Trephopoda aplanita
- Conservation status: Least Concern (SANBI Red List)

Scientific classification
- Kingdom: Animalia
- Phylum: Arthropoda
- Subphylum: Chelicerata
- Class: Arachnida
- Order: Araneae
- Infraorder: Araneomorphae
- Family: Gnaphosidae
- Genus: Trephopoda
- Species: T. aplanita
- Binomial name: Trephopoda aplanita (Tucker, 1923)

= Trephopoda aplanita =

- Authority: (Tucker, 1923)
- Conservation status: LC

Species of spider

Trephopoda aplanita is a spider species in the family Gnaphosidae. It is endemic to South Africa.

==Distribution==
Trephopoda aplanita is found across two South African provinces, the Free State and Western Cape.
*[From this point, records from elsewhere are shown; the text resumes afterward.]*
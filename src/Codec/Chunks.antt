-- ===== src/Codec/Chunks.antt =====
-- FrameDecoder::Consume of urpc/core/source/urpc_codec.cpp on bytes that come in two pieces.
use u_rpc.Prelude.{
  ℕ, zero, suc, ◌<◌, ◌≡◌, refl, sym, ◌∙◌, inl, inr, true, false, Option, none, some, List, ◌∷◌,
  ◌++◌, arith, Bool-cases, take-append, drop-append, length-append, append_assoc,
}
use mathlib.Core.Path.{subst}
use u_rpc.Status.{Status, is_ok, ok_status}
use u_rpc.Codec.{
  FrameDecoder, halt, go, prefix_of, check_header, read_header, read_body, round, consume_loop,
  debt, buffered, consume, too_long,
}
use u_rpc.Codec.Fuel.{Phase-cases, read_header_go, round_go, consume_loop-fuel}

prefix_of_append :
    (s t : List ℕ) (p : ℕ × ℕ × List ℕ)
    → prefix_of s ≡ some p
    → prefix_of (s ++ t) ≡ some (p.0, p.1, p.2 ++ t)
unfolding prefix_of
prefix_of_append (f ∷ a ∷ b ∷ c ∷ e ∷ rest) t p h = ground arith
prefix_of_append _ t p h = cc

check_header-buffered :
    (d d' : FrameDecoder) (o : Option (ℕ × ℕ × List ℕ)) (t : List ℕ)
    → o ≡ prefix_of d.buffer
    → check_header d o ≡ go d'
    → check_header (buffered d t) (prefix_of (d.buffer ++ t)) ≡ go (buffered d' t)
unfolding check_header
check_header-buffered d d' none t e h = cc
check_header-buffered d d' (some p) t e h =
    rw (prefix_of_append d.buffer t p (sym e)) (ground arith)

read_header-buffered :
    (d d' : FrameDecoder) (t : List ℕ)
    → read_header d ≡ go d'
    → read_header (buffered d t) ≡ go (buffered d' t)
unfolding read_header
read_header-buffered d d' t h = elim (Bool-cases d.have_header) [
  | inl e ↦ ground arith
  | inr e ↦
      let k = check_header-buffered d d' (prefix_of d.buffer) t refl (ground arith) in ground arith
]

read_body-buffered :
    (d d' : FrameDecoder) (t : List ℕ)
    → read_body d ≡ go d'
    → read_body (buffered d t) ≡ go (buffered d' t)
unfolding read_body
read_body-buffered d d' t h = ground (
  arith,
  length-append d.buffer t,
  take-append d.needed d.buffer t,
  drop-append d.needed d.buffer t,
)

check_header_halt :
    (d d' : FrameDecoder) (o : Option (ℕ × ℕ × List ℕ)) (st : Status)
    → check_header d o ≡ halt st d'
    → is_ok st ≡ true
    → d' ≡ d
unfolding check_header too_long
check_header_halt d d' none st h k = ground arith
check_header_halt d d' (some p) st h k = ground arith

read_header_halt :
    (d d' : FrameDecoder) (st : Status) → read_header d ≡ halt st d' → is_ok st ≡ true → d' ≡ d
unfolding read_header
read_header_halt d d' st h k = elim (Bool-cases d.have_header) [
  | inl e ↦ ground arith
  | inr e ↦ check_header_halt d d' (prefix_of d.buffer) st (ground arith) k
]

read_body_halt : (d d' : FrameDecoder) (st : Status) → read_body d ≡ halt st d' → d' ≡ d
unfolding read_body
read_body_halt d d' st h = ground arith

-- Decoders whose next rounds agree end alike.
loop_of_round :
    (f g : ℕ) (d e : FrameDecoder)
    → debt d < suc f
    → debt e < suc g
    → round d ≡ round e
    → consume_loop (suc f) d ≡ consume_loop (suc g) e
unfolding consume_loop
loop_of_round f g d e h k r = elim (Phase-cases (round e)) [
  | inl (st, x, p) ↦ rw (r, p, consume_loop)
  | inr (x, p) ↦
      let s = round_go e x p in
      let s' = round_go d x (r ∙ p) in
      rw (r, p, consume_loop) (consume_loop-fuel f g x (omega arith) (omega arith))
]

round-buffered :
    (d d' : FrameDecoder) (t : List ℕ) → round d ≡ go d' → round (buffered d t) ≡ go (buffered d' t)
unfolding round
round-buffered d d' t h = elim (Phase-cases (read_header d)) [
  | inl (st, x, e) ↦ ground arith
  | inr (x, e) ↦ rw (read_header-buffered d x t e, round) (read_body-buffered x d' t (ground arith))
]

-- A round that waits for more bytes leaves a decoder that goes on as the one before would.
round_waits :
    (d d' : FrameDecoder) (st : Status) (t : List ℕ)
    → round d ≡ halt st d'
    → is_ok st ≡ true
    → round (buffered d t) ≡ round (buffered d' t)
unfolding round
round_waits d d' st t h k = elim (Phase-cases (read_header d)) [
  | inl (s, x, e) ↦ let same : d' ≡ d = read_header_halt d d' st (ground arith) k in rw same
  | inr (x, e) ↦
      let same : d' ≡ x = read_body_halt x d' st (ground arith) in
      let parsed = (read_header_go d x e).0 in
      rw (same, read_header-buffered d x t e, round) (unfold read_header in ground arith)
]

loop_buffered :
    (f g g' : ℕ) (d d' : FrameDecoder) (st : Status) (t : List ℕ)
    → consume_loop f d ≡ (st, d')
    → is_ok st ≡ true
    → debt d < f
    → debt (buffered d t) < g
    → debt (buffered d' t) < g'
    → consume_loop g (buffered d t) ≡ consume_loop g' (buffered d' t)
unfolding consume_loop
loop_buffered zero g g' d d' st t h k hf hg hg' = absurd (omega arith)
loop_buffered (suc f) zero g' d d' st t h k hf hg hg' = absurd (omega arith)
loop_buffered (suc f) (suc g) zero d d' st t h k hf hg hg' = absurd (omega arith)
loop_buffered (suc f) (suc g) (suc g') d d' st t h k hf hg hg' = elim (Phase-cases (round d)) [
  | inl (s, x, e) ↦
      let w = round_waits d d' st t (ground arith) k in
      loop_of_round g g' (buffered d t) (buffered d' t) hg hg' w
  | inr (x, e) ↦
      let e' = round-buffered d x t e in
      let l = round_go d x e in
      let l' = round_go (buffered d t) (buffered x t) e' in
      rw (e', consume_loop)
        (loop_buffered f g (suc g') x d' st t (ground arith) k (omega arith) (omega arith) hg')
]

-- Consume called on a piece and then, when that went well, on the next piece gives the status and
-- the decoder that one call on both pieces together gives.
pub consume-append :
    (d d' : FrameDecoder) (s t : List ℕ) (st : Status)
    → consume d s ≡ (st, d')
    → is_ok st ≡ true
    → consume d (s ++ t) ≡ consume d' t
unfolding consume
consume-append d d' s t st h k =
    subst (λ (b : List ℕ). finish (record d { buffer = b }) ≡ finish (buffered d' t))
      (append_assoc d.buffer s t)
      (loop_buffered (suc (debt (buffered d s))) (suc (debt (buffered (buffered d s) t)))
        (suc (debt (buffered d' t))) (buffered d s) d' st t h k (omega arith) (omega arith)
        (omega arith))
  where
    finish : FrameDecoder → Status × FrameDecoder
    finish x = consume_loop (suc (debt x)) x

-- An ok that the loop returns is the plain one.
Plain : Status × FrameDecoder → Type 0
Plain r = is_ok r.0 ≡ true → r.0 ≡ ok_status

check_header_plain :
    (d d' : FrameDecoder) (o : Option (ℕ × ℕ × List ℕ)) (st : Status)
    → check_header d o ≡ halt st d'
    → is_ok st ≡ true
    → st ≡ ok_status
unfolding check_header too_long
check_header_plain d d' none st h k = ground arith
check_header_plain d d' (some p) st h k = ground arith

round_plain :
    (d d' : FrameDecoder) (st : Status) → round d ≡ halt st d' → is_ok st ≡ true → st ≡ ok_status
unfolding round read_header read_body
round_plain d d' st h k = ground (arith, check_header_plain d d' (prefix_of d.buffer) st)

loop-Plain : (f : ℕ) (d : FrameDecoder) → Plain (consume_loop f d)
unfolding consume_loop Plain
loop-Plain zero d k = refl
loop-Plain (suc f) d k = elim (Phase-cases (round d)) [
  | inl (st, x, e) ↦ ground (arith, round_plain d x st e)
  | inr (x, e) ↦ rw (e, consume_loop) (loop-Plain f x (rw (e, consume_loop) at k))
]

check_header_fails :
    (d d' : FrameDecoder) (o : Option (ℕ × ℕ × List ℕ)) (st : Status) (t : List ℕ)
    → o ≡ prefix_of d.buffer
    → check_header d o ≡ halt st d'
    → is_ok st ≡ false
    → check_header (buffered d t) (prefix_of (d.buffer ++ t)) ≡ halt st (buffered d' t)
unfolding check_header
check_header_fails d d' none st t e h k = ground arith
check_header_fails d d' (some p) st t e h k =
    rw (prefix_of_append d.buffer t p (sym e)) (ground arith)

-- A refused header is refused whatever bytes follow.
round_fails :
    (d d' : FrameDecoder) (st : Status) (t : List ℕ)
    → round d ≡ halt st d'
    → is_ok st ≡ false
    → round (buffered d t) ≡ halt st (buffered d' t)
unfolding round read_header read_body
round_fails d d' st t h k = ground (arith, check_header_fails d d' (prefix_of d.buffer) st t refl)

loop_fails :
    (f g : ℕ) (d : FrameDecoder) (t : List ℕ)
    → is_ok (consume_loop f d).0 ≡ false
    → debt (buffered d t) < g
    → (consume_loop g (buffered d t)).0 ≡ (consume_loop f d).0
unfolding consume_loop
loop_fails zero g d t h hg = cc
loop_fails (suc f) zero d t h hg = absurd (omega arith)
loop_fails (suc f) (suc g) d t h hg = elim (Phase-cases (round d)) [
  | inl (st, x, e) ↦
      let bad : is_ok st ≡ false = ground arith in rw (e, round_fails d x st t e bad, consume_loop)
  | inr (x, e) ↦
      let e' = round-buffered d x t e in
      let l = round_go (buffered d t) (buffered x t) e' in
      rw (e, e', consume_loop) (loop_fails f g x t (rw (e, consume_loop) at h) (omega arith))
]

pub consume_plain :
    (d : FrameDecoder) (s : List ℕ) → is_ok (consume d s).0 ≡ true → (consume d s).0 ≡ ok_status
unfolding consume Plain
consume_plain d s h = loop-Plain (suc (debt (buffered d s))) (buffered d s) h

-- A framing error stays the outcome, whatever bytes follow in the same call.
pub consume_fails :
    (d : FrameDecoder) (s t : List ℕ)
    → is_ok (consume d s).0 ≡ false
    → (consume d (s ++ t)).0 ≡ (consume d s).0
unfolding consume
consume_fails d s t h =
    subst (λ (b : List ℕ). finish (record d { buffer = b }) ≡ finish (buffered d s))
      (append_assoc d.buffer s t)
      (loop_fails (suc (debt (buffered d s))) (suc (debt (buffered (buffered d s) t)))
        (buffered d s) t h (omega arith))
  where
    finish : FrameDecoder → Status
    finish x = (consume_loop (suc (debt x)) x).0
The species has a relatively wide distribution with locations including Bloemfontein, Table Mountain National Park, and De Hoop Nature Reserve. It occurs at altitudes ranging from 9 to 1,399 m above sea level.

==Habitat and ecology==
The species is a free-living ground dweller that inhabits both Grassland and Fynbos biomes.

==Conservation==
Trephopoda aplanita is listed as Least Concern by the South African National Biodiversity Institute due to its wide geographical range, despite being known only from females. The species is protected in several conservation areas including Amanzi Private Game Reserve, Erfenis Dam Nature Reserve, De Hoop Nature Reserve, and Table Mountain National Park.

==Taxonomy==
The species was originally described by Tucker in 1923 as Upognampa aplanita from Bergvliet in the Western Cape. It was later transferred to the genus Trephopoda and revised by Murphy in 2007. Only the female is currently known.